Tampoco las sectas protestantes que se organizaron en comunidades nuevas en Estados Unidos ni los experimentos utopistas de los primeros socialistas pueden contar como utopías políticas, por su reducida escala, por insertarse dentro del orden existente. En la fase rigurosamente política, la ambición utópica nace siempre de un ejercicio de autodeterminación colectiva. El marxismo se distingue de los utopismos anteriores porque entiende que la nueva sociedad solo podrá surgir de la ocupación del Estado; será el control del Estado lo que permita poner en marcha una transformación profunda y a gran escala del modo de producción.

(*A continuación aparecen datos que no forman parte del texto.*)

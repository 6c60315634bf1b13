-- ===== src/Web/Stored.antt =====
-- What the requests do to the stored configuration.
use Prim.Native.String.{String}
use evse_sync_charge.Base.{ℕ, ℤ, ◌≡◌, Bool, true, false, ◌&&◌, List, [], ◌∷◌, arith}
use evse_sync_charge.Float.{Float}
use evse_sync_charge.Types.{ready}
use evse_sync_charge.Charge.Control.{stop_charging}
use evse_sync_charge.Prefs.{Preferences, IsStore}
use evse_sync_charge.Config
use evse_sync_charge.Config.{AppConfig, load_config}
use evse_sync_charge.Config.Stored.{load_config-save_config}
use evse_sync_charge.Mqtt.{set_failsafe_config}
use evse_sync_charge.Charge.Contactor.{and_parts}
use evse_sync_charge.Web.{Site, Request, check_auth, request_reboot}
use evse_sync_charge.Web.Save.{changed, save_led, save_telnet, apply, handle_save_config}
use evse_sync_charge.Web.Routes.{
  file_start, file_write, file_end, file_aborted, WebReadings, Route, save_config_route, cmd_route,
  test_cmd_route, factory_reset_route, wifi_reset_route, evse_reset_route, reboot_route,
  do_update_route, rfid_save_route, rfid_add_route, rfid_toggle_route, rfid_delete_route,
  rfid_learn_route, update_upload_route, page_route, command_of, test_command, handle_cmd,
  handle_test_cmd, handle_factory_reset, handle_wifi_reset, handle_evse_reset, handle_reboot,
  handle_do_update, handle_update_upload, rfid_save, rfid_learn, rfid_add, rfid_toggle, rfid_delete,
  serve, serve_all,
}

-- The configuration in use is the one that a start of the firmware would load, and the failsafe and
-- the monitor's flag that the MQTT client knows are its.
pub record IsInSync {F P : Type 0} ⦃fl : Float F⦄ (pr : Preferences F P) (w : Site F P)
    : Type 0 where
  pub stored_config : load_config pr w.stored ≡ w.config
  pub failsafe_config :
      w.mqtt.config_failsafe ≡ (w.config.mqtt_failsafe_enabled, w.config.mqtt_failsafe_timeout)
  pub rcm_config : w.mqtt.config_rcm ≡ w.config.rcm_enabled

-- A request other than for the factory reset.
abbrev pub keeps_config : Route → Bool
keeps_config factory_reset_route = false
keeps_config _ = true

unfoldable pub all_keep : List (Route × (WebReadings × Request)) → Bool
all_keep [] = true
all_keep ((r, tq) ∷ rest) = keeps_config r && all_keep rest

module _ {F P : Type 0} ⦃fl : Float F⦄ (upper : String → String) (to_float : String → F)
    (to_int : String → ℤ) (pr : Preferences F P) (st : IsStore pr) where
  save-IsInSync :
      (now : ℕ) (q : Request) (w : Site F P)
      → IsInSync pr w
      → IsInSync pr (handle_save_config to_float to_int pr now q w)
  unfolding handle_save_config request_reboot apply save_telnet save_led set_failsafe_config
  save-IsInSync now q w v =
      ground (arith, load_config-save_config pr st (changed to_float to_int q w.config) w.stored)

  wifi-IsInSync :
      (t : WebReadings) (q : Request) (w : Site F P)
      → IsInSync pr w
      → IsInSync pr (handle_wifi_reset pr t q w)
  unfolding handle_wifi_reset request_reboot
  wifi-IsInSync t q w v =
      let c = record w.config { wifi_ssid = ""; wifi_pass = ""; use_static = false } in
      ground (arith, load_config-save_config pr st c w.stored)

  reset-IsInSync :
      (t : WebReadings) (q : Request) (w : Site F P)
      → IsInSync pr w
      → IsInSync pr (handle_evse_reset pr t q w)
  unfolding handle_evse_reset
  reset-IsInSync t q w v =
      let c = record w.config {
        max_current = fl.lit 32 0;
        rcm_enabled = true;
        allow_below_6_amp_charging = false;
        soft_start = false;
        low_limit_resume_delay_ms = 300000;
      } in
      ground (arith, load_config-save_config pr st c w.stored)

  pub serve-IsInSync :
      (r : Route) (t : WebReadings) (q : Request) (w : Site F P)
      → keeps_config r ≡ true
      → IsInSync pr w
      → IsInSync pr (serve upper to_float to_int pr r t q w)
  unfolding serve handle_cmd command_of handle_test_cmd test_command handle_reboot handle_do_update
      handle_update_upload rfid_save rfid_learn rfid_add rfid_toggle rfid_delete request_reboot
  serve-IsInSync save_config_route t q w h v = save-IsInSync t.now q w v
  serve-IsInSync cmd_route t q w h v = ground arith
  serve-IsInSync test_cmd_route t q w h v = ground arith
  serve-IsInSync factory_reset_route t q w h v = ground arith
  serve-IsInSync wifi_reset_route t q w h v = wifi-IsInSync t q w v
  serve-IsInSync evse_reset_route t q w h v = reset-IsInSync t q w v
  serve-IsInSync reboot_route t q w h v = ground arith
  serve-IsInSync do_update_route t q w h v = ground arith
  serve-IsInSync rfid_save_route t q w h v = ground arith
  serve-IsInSync rfid_add_route t q w h v = ground arith
  serve-IsInSync rfid_toggle_route t q w h v = ground arith
  serve-IsInSync rfid_delete_route t q w h v = ground arith
  serve-IsInSync rfid_learn_route t q w h v = ground arith
  serve-IsInSync (update_upload_route file_start) t q w h v = ground arith
  serve-IsInSync (update_upload_route file_write) t q w h v = v
  serve-IsInSync (update_upload_route file_end) t q w h v = v
  serve-IsInSync (update_upload_route file_aborted) t q w h v = v
  serve-IsInSync page_route t q w h v = v

  -- Over a store that reads back what was last written to a key, and through any requests but
  -- factory resets, the configuration in use stays the one that the next start of the firmware loads,
  -- and the failsafe's and the monitor's settings stay those that the MQTT client's callbacks set.
  pub serve_all-IsInSync :
      (rs : List (Route × (WebReadings × Request))) (w : Site F P)
      → all_keep rs ≡ true
      → IsInSync pr w
      → IsInSync pr (serve_all upper to_float to_int pr rs w)
  unfolding serve_all all_keep
  serve_all-IsInSync [] w h v = v
  serve_all-IsInSync ((r, (t, q)) ∷ rest) w h v =
      let (a, b) = and_parts (keeps_config r) (all_keep rest) h in
      serve_all-IsInSync rest (serve upper to_float to_int pr r t q w) b
        (serve-IsInSync r t q w a v)

  -- An admitted factory reset leaves the initial configuration in the store, for the next start, and
  -- ends the session, but the card reader's tags and flags, the LED strip's settings and its store, and
  -- the remote console stay as they are, and so does the configuration in use, until the restart that
  -- is requested.
  pub factory_reset-keeps :
      (t : WebReadings) (q : Request) (w : Site F P)
      → check_auth q w ≡ true
      → let r = serve upper to_float to_int pr factory_reset_route t q w in
        (load_config pr r.stored ≡ Config.new)
        × (r.evse.state ≡ ready)
        × (r.rfid ≡ w.rfid)
        × (r.led ≡ w.led)
        × (r.stored_led ≡ w.stored_led)
        × (r.telnet ≡ w.telnet)
        × (r.config ≡ w.config)
        × (r.reboot_pending ≡ true)
  unfolding serve handle_factory_reset stop_charging request_reboot
  factory_reset-keeps t q w h = ground (arith, load_config-save_config pr st Config.new w.stored)
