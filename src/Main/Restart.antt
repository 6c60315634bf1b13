-- ===== src/Main/Restart.antt =====
-- What a start of the firmware does with the stored configuration.
use Prim.Native.String.{String}
use evse_sync_charge.Base.{
  ℤ, ◌≡◌, Bool, true, not, ◌&&◌, ◌||◌, List, arith, ◌∙◌, ap, to_u32, some, none, if◌then◌else◌,
}
use evse_sync_charge.Float.{Float}
use evse_sync_charge.Types.{ready}
use evse_sync_charge.Prefs.{Preferences, IsStore}
use evse_sync_charge.Config.{load_config}
use evse_sync_charge.Boot
use evse_sync_charge.Boot.{is_boot_count_high}
use evse_sync_charge.Charge
use evse_sync_charge.Charge.{Evse, preinit_hard, set_throttle_alive_timeout}
use evse_sync_charge.Charge.Control.{set_safety_lockout}
use evse_sync_charge.Ocpp
use evse_sync_charge.Main.{Init, init_hardware, test_rcm}
use evse_sync_charge.Main.Gate.{init_hardware-lockout}
use evse_sync_charge.Main.Setup.{
  Board, SetupReadings, settings_of, apply_mqtt_config, connect, load, init_of, setup,
}
use evse_sync_charge.Web.{Site, Request}
use evse_sync_charge.Web.Routes.{Route, WebReadings, serve_all}
use evse_sync_charge.Web.Stored.{IsInSync, all_keep, serve_all-IsInSync}

module _ {F P : Type 0} where
  connect-frame :
      (wifi : Bool) (b : Board F P)
      → let r = connect wifi b in
        (r.site.config ≡ b.site.config) × (r.site.evse ≡ b.site.evse) × (r.register ≡ b.register)
  unfolding connect apply_mqtt_config
  connect-frame wifi b = ground arith

  connect-ocpp : (wifi : Bool) (b : Board F P) → (connect wifi b).site.ocpp ≡ b.site.ocpp
  unfolding connect apply_mqtt_config
  connect-ocpp wifi b = ground arith

module _ {F : Type 0} ⦃fl : Float F⦄ where
  init-settings :
      (i : Init F) (s : Evse F)
      → let r = init_hardware i s in
        (r.settings ≡ i.settings)
        × (r.current_limit ≡ i.settings.max_current)
        × (r.rcm_enabled ≡ i.rcm_enabled)
        × (r.throttle_alive_timeout ≡ s.throttle_alive_timeout)
  unfolding init_hardware test_rcm set_safety_lockout Charge.setup Charge.set_rcm_enabled
  init-settings i s = ground arith

module _ {F P : Type 0} ⦃fl : Float F⦄ (pr : Preferences F P) where
  load-frame :
      (b : Board F P)
      → let r = load pr b in
        (r.site.config ≡ load_config pr b.site.stored)
        × (r.register ≡ Boot.begin b.register)
        × (r.site.evse.throttle_alive_timeout ≡ (load_config pr b.site.stored).solar_stop_timeout)
  unfolding load set_throttle_alive_timeout
  load-frame b = ground arith

  -- After the setup, whatever the outcome of WiFi and of the hardware's initialisation, the
  -- configuration is the stored one, the controller is ready and has that configuration's settings,
  -- with its maximum as the limit; and the safety lockout is in force exactly if the boot count is high,
  -- this start counted, or the configuration enables the monitor and its semaphore is not made or its
  -- self-test fails.
  pub setup-loaded :
      (t : SetupReadings) (b : Board F P)
      → let r = (setup pr t b).site in
        let c = load_config pr b.site.stored in
        (r.config ≡ c)
        × (r.evse.settings ≡ settings_of c)
        × (r.evse.current_limit ≡ c.max_current)
        × (r.evse.rcm_enabled ≡ c.rcm_enabled)
        × (r.evse.throttle_alive_timeout ≡ c.solar_stop_timeout)
        × (r.evse.state ≡ ready)
        × (r.evse.error_lockout ≡ (
            is_boot_count_high (Boot.begin b.register)
            || (c.rcm_enabled && not (t.semaphore && t.edge))))
  unfolding setup init_of
  setup-loaded t b =
      let l = load pr b in
      let n = connect t.wifi l in
      let i = init_of t n.site.config n.register in
      let (config, register, timeout) = load-frame b in
      let (config', evse', register') = connect-frame t.wifi l in
      let (settings, limit, rcm, timeout') = init-settings i n.site.evse in
      let (state, lockout) = init_hardware-lockout i n.site.evse in
      (
        config' ∙ config,
        settings ∙ ap settings_of (config' ∙ config),
        limit ∙ ap (λ c. c.max_current) (config' ∙ config),
        rcm ∙ ap (λ c. c.rcm_enabled) (config' ∙ config),
        timeout' ∙ ap (λ s. s.throttle_alive_timeout) evse' ∙ timeout,
        state,
        lockout
            ∙ ap
                (λ r.
                  is_boot_count_high r
                  || (n.site.config.rcm_enabled && not (t.semaphore && t.edge)))
                (register' ∙ register)
            ∙ ap
                (λ c.
                  is_boot_count_high (Boot.begin b.register)
                  || (c.rcm_enabled && not (t.semaphore && t.edge)))
                (config' ∙ config),
      )

  -- Over a store that reads back what was last written to a key: what was set through the pages, with
  -- any requests but a factory reset, from a configuration in step with the store, is what the
  -- controller has after the next start from that store, whatever the parts of the board were.
  pub restart-applies :
      (upper : String → String) (to_float : String → F) (to_int : String → ℤ)
      → IsStore pr
      → (rs : List (Route × (WebReadings × Request))) (w : Site F P) (t : SetupReadings)
        (b : Board F P)
      → all_keep rs ≡ true
      → IsInSync pr w
      → b.site.stored ≡ (serve_all upper to_float to_int pr rs w).stored
      → let c = (serve_all upper to_float to_int pr rs w).config in
        let r = (setup pr t b).site in
        (r.config ≡ c)
        × (r.evse.settings ≡ settings_of c)
        × (r.evse.current_limit ≡ c.max_current)
        × (r.evse.rcm_enabled ≡ c.rcm_enabled)
        × (r.evse.throttle_alive_timeout ≡ c.solar_stop_timeout)
  restart-applies upper to_float to_int st rs w t b h v e =
      let sync = serve_all-IsInSync upper to_float to_int pr st rs w h v in
      let loaded = ap (load_config pr) e ∙ sync.stored_config in
      let (config, settings, limit, rcm, timeout, _, _) = setup-loaded t b in
      (
        config ∙ loaded,
        settings ∙ ap settings_of loaded,
        limit ∙ ap (λ c. c.max_current) loaded,
        rcm ∙ ap (λ c. c.rcm_enabled) loaded,
        timeout ∙ ap (λ c. c.solar_stop_timeout) loaded,
      )

  -- After the setup, the OCPP client's begin gives the web socket the server that is stored, with or
  -- without TLS as is stored, if the stored configuration enables the client, and nothing otherwise.
  pub setup-begin :
      (t : SetupReadings) (b : Board F P)
      → let c = load_config pr b.site.stored in
        Ocpp.begin (setup pr t b).site.ocpp ≡ (
          if c.ocpp_enabled
          then some (record {
            tls = c.ocpp_use_tls;
            host = c.ocpp_host;
            port = c.ocpp_port;
            url = c.ocpp_url;
            interval = to_u32 c.ocpp_reconnect_interval;
          })
          else none)
  unfolding setup load Ocpp.set_config Ocpp.begin
  setup-begin t b = rw (connect-ocpp t.wifi (load pr b)) (ground arith)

La concepción política del mundo corresponde a una fase avanzada de desarrollo del Estado. La razón es simple: la ambición de autogobierno o autodeterminación presupone la existencia del Estado moderno. Esto es así en al menos dos sentidos. En primer lugar, la consolidación del Estado moderno, como mostró con gran perspicacia Norbert Elias, altera la estructura psíquica de los individuos1. Nuestra psique está socialmente determinada. En concreto, el éxito del Estado moderno faculta el desarrollo de cálculos instrumentales a largo plazo. La prudencia y el interés van sustituyendo paulatinamente al honor y a las pasiones respectivamente. El capitalismo surge cuando la presencia del Estado permite a las personas valorar la acumulación de riqueza como un proyecto de vida prolongado en el tiempo.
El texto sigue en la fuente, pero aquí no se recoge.